» **REQUIRED WORK**
Only the lines with "that" in the entries below belong in the answer; please copy them.

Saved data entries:
━━━

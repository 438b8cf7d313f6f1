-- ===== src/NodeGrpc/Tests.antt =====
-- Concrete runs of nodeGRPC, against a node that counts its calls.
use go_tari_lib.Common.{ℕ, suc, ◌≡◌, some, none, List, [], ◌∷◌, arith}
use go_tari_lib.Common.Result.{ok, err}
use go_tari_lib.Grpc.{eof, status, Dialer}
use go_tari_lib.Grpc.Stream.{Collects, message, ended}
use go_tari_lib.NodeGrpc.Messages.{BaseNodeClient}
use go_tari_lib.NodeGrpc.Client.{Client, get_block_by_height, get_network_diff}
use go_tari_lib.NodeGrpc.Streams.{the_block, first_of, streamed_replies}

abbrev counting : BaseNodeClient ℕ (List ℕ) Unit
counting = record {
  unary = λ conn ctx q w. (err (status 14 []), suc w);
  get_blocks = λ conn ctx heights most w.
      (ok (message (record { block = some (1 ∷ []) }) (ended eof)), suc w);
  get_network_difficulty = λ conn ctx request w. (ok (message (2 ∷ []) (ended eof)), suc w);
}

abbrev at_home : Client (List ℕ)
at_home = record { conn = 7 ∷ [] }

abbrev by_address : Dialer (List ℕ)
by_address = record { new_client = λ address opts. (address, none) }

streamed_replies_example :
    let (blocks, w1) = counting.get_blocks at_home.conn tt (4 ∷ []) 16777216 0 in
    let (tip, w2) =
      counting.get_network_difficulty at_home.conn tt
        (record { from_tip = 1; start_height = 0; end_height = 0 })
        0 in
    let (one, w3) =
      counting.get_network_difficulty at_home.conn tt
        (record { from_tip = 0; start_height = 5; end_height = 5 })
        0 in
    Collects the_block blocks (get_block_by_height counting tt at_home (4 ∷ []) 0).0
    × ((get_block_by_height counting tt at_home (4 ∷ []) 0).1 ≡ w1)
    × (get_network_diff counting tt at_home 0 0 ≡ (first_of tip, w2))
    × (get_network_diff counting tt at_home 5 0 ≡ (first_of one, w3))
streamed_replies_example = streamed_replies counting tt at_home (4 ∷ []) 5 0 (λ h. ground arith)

━━━

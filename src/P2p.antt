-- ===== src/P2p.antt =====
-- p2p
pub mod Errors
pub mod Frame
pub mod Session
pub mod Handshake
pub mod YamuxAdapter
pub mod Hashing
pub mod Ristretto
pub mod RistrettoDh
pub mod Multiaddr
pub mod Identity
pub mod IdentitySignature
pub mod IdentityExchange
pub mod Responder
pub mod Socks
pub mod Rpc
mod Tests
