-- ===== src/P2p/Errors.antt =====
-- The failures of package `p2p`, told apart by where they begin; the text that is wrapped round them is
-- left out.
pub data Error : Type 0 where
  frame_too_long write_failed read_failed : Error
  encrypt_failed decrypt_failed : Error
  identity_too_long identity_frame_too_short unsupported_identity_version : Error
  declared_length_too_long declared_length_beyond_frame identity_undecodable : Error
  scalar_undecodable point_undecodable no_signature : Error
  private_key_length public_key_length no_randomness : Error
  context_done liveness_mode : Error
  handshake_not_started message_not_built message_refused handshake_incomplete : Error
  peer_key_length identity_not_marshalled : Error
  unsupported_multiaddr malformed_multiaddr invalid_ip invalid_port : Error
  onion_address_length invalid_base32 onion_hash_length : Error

━━━

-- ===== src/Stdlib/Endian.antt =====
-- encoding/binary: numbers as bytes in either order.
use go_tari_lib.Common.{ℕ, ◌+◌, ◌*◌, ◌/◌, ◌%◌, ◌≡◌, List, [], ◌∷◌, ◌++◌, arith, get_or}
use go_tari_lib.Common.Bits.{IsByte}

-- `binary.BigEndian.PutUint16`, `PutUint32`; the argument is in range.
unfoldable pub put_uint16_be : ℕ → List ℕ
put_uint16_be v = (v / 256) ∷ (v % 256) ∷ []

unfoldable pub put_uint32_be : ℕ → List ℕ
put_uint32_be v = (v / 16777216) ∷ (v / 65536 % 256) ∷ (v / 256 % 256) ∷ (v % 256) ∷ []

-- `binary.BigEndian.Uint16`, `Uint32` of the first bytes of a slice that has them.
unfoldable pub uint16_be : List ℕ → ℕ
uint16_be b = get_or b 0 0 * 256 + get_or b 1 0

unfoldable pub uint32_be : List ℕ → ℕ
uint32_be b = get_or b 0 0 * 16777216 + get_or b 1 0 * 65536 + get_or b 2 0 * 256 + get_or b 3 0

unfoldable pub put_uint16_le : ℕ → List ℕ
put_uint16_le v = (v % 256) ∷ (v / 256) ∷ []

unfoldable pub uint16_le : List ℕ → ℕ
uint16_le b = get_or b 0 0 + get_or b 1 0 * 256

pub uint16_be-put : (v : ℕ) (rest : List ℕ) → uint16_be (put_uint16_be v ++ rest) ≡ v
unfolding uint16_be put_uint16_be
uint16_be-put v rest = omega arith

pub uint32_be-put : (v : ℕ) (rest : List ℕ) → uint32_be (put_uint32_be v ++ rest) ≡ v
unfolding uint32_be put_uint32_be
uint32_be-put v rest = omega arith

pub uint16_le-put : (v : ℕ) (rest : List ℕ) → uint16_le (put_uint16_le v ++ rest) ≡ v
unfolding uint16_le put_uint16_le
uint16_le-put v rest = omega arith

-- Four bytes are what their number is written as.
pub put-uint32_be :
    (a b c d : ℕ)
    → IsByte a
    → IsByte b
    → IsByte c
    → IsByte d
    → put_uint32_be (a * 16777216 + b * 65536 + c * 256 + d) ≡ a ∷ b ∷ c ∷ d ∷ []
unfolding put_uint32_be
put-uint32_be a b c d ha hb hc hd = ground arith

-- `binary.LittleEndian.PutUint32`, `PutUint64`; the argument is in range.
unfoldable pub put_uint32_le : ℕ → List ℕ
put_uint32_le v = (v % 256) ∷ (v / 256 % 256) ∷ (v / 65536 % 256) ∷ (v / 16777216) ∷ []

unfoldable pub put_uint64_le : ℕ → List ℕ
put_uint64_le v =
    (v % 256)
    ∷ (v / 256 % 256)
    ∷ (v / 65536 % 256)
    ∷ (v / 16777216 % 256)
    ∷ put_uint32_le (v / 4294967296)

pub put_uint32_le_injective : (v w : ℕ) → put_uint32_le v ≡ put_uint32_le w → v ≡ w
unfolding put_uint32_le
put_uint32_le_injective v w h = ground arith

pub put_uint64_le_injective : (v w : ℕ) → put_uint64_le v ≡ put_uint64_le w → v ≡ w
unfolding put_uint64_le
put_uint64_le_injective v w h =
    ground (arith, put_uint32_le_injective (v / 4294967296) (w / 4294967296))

━━━

» **RESULT FOR THIS EXERCISE**
-- Concrete runs of nodeGRPC, against a node that counts its calls.
-- The failures of package `p2p`, told apart by where they begin; the text that is wrapped round them is
-- `binary.BigEndian.Uint16`, `Uint32` of the first bytes of a slice that has them.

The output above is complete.